▶ [Collected data]:

──────

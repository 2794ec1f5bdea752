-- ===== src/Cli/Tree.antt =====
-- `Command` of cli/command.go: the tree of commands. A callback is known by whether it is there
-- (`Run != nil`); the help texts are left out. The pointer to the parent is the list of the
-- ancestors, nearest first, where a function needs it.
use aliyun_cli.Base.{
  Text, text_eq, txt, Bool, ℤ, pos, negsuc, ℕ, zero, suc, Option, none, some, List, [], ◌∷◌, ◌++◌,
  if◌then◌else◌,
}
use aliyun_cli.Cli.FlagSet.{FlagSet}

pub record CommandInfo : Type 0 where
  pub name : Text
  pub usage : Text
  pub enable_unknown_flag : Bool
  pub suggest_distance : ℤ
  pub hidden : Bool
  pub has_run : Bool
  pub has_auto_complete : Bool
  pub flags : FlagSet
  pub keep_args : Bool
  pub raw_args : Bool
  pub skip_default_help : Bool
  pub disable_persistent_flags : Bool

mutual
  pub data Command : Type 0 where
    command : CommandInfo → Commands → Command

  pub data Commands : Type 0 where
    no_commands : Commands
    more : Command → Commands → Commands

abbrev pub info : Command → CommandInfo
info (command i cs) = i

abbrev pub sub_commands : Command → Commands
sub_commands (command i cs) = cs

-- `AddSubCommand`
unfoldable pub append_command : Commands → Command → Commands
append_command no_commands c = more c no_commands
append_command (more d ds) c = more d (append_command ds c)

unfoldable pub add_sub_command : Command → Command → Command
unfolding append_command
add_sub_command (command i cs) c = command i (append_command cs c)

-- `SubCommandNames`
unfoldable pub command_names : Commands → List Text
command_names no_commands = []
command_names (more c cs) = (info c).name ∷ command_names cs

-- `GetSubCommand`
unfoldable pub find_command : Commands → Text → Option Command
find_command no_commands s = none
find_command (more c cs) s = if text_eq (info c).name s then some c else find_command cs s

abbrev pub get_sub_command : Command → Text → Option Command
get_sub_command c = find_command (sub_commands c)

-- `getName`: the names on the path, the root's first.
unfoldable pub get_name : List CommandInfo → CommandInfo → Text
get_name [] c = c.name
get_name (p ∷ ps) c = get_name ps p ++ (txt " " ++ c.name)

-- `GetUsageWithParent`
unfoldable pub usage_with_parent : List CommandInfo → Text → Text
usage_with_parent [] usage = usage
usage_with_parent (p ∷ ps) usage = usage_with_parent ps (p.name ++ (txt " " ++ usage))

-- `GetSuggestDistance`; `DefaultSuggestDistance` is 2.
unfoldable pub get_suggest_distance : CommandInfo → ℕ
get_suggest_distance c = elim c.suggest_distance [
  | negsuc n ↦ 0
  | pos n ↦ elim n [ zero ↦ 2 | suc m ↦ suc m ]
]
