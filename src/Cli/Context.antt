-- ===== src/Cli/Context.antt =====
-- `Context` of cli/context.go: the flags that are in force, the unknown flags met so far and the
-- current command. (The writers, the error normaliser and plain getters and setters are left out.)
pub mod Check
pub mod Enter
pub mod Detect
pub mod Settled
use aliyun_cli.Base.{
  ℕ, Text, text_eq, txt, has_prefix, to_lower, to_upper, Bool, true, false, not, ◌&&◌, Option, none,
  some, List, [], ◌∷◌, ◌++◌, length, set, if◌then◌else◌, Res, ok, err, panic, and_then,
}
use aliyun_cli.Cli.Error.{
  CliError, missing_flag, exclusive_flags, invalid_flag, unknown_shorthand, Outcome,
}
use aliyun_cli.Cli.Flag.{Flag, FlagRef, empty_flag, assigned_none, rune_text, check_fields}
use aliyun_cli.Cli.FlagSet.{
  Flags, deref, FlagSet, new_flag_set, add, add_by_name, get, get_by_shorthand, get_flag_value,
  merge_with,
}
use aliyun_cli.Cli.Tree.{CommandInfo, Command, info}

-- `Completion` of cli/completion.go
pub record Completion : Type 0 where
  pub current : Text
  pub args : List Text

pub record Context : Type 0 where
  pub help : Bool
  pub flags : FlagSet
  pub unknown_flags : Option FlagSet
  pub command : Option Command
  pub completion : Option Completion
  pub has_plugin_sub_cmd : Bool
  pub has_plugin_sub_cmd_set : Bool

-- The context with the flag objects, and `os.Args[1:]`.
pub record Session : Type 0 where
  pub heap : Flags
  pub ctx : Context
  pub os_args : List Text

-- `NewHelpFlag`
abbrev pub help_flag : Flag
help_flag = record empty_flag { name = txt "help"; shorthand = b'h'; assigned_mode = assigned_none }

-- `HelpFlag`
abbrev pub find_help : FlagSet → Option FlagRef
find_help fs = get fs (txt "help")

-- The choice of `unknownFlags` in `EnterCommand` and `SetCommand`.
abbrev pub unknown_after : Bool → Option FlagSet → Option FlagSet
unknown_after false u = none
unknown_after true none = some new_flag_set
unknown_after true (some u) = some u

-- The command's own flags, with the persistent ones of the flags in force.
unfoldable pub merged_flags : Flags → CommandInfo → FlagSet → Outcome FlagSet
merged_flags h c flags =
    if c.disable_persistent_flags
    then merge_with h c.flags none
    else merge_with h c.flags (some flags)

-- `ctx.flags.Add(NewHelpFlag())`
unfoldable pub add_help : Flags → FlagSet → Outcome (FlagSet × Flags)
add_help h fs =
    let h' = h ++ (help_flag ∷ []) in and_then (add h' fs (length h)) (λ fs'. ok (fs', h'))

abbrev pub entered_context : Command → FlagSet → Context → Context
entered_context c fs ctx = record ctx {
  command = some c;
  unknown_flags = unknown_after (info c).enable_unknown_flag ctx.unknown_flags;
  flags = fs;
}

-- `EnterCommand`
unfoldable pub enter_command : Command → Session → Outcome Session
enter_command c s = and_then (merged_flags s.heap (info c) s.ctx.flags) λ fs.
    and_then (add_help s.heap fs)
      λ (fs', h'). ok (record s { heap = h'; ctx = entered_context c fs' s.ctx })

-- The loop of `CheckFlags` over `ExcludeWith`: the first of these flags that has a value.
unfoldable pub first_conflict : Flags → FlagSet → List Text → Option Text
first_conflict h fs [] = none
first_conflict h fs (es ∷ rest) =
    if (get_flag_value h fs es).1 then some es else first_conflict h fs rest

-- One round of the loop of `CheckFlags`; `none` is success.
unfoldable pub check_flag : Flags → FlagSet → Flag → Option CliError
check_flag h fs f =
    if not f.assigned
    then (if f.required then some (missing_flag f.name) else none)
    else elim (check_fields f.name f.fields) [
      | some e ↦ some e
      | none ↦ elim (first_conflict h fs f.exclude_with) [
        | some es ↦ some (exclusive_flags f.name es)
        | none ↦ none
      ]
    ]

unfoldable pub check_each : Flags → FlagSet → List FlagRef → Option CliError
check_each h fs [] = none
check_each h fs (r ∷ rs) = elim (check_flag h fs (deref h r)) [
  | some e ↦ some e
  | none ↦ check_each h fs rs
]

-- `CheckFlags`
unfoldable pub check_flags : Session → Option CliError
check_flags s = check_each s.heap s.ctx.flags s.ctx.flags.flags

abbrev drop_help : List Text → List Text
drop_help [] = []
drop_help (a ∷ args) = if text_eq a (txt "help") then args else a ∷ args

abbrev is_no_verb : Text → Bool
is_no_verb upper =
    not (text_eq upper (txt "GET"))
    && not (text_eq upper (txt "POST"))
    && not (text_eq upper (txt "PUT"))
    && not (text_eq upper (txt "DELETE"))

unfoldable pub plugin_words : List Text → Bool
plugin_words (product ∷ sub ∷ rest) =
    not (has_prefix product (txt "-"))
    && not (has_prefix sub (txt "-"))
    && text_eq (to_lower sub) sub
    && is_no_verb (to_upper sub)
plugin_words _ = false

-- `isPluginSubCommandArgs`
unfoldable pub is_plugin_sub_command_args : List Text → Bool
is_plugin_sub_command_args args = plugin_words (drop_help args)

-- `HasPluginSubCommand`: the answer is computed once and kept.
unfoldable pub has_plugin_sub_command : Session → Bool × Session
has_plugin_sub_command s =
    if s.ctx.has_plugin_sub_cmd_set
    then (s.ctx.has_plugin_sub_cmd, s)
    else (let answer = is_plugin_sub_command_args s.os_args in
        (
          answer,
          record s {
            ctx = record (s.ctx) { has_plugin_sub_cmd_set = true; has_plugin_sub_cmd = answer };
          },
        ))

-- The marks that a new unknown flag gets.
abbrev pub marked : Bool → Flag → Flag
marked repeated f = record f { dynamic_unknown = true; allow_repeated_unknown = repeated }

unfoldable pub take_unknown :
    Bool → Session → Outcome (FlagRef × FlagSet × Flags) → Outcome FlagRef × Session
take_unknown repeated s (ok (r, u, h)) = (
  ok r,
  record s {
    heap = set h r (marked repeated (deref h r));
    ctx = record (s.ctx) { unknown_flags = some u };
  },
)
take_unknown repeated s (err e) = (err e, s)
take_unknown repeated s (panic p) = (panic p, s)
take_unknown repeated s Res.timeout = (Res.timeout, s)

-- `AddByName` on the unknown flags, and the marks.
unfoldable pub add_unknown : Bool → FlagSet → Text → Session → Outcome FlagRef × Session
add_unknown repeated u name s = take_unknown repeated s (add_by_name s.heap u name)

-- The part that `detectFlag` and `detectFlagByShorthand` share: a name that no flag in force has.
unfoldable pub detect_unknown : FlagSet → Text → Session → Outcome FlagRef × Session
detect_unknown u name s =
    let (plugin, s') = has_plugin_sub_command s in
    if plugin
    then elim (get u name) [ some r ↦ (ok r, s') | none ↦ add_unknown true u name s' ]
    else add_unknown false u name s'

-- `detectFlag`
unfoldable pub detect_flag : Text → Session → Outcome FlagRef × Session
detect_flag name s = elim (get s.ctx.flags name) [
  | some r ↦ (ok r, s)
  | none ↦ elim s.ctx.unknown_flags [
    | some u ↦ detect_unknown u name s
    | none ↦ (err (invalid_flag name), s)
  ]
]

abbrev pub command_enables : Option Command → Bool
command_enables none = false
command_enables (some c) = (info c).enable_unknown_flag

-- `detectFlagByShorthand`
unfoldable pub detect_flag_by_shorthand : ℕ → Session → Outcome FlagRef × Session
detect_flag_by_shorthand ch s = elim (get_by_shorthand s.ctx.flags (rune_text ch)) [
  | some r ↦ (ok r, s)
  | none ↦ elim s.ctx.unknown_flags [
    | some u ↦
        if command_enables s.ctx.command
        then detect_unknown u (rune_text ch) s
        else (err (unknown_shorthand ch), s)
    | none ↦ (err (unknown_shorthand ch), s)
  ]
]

──────

Every line above in which the word "CheckFlags" occurs needs to be copied.

-- The loop of `CheckFlags` over `ExcludeWith`: the first of these flags that has a value.
-- One round of the loop of `CheckFlags`; `none` is success.
-- `CheckFlags`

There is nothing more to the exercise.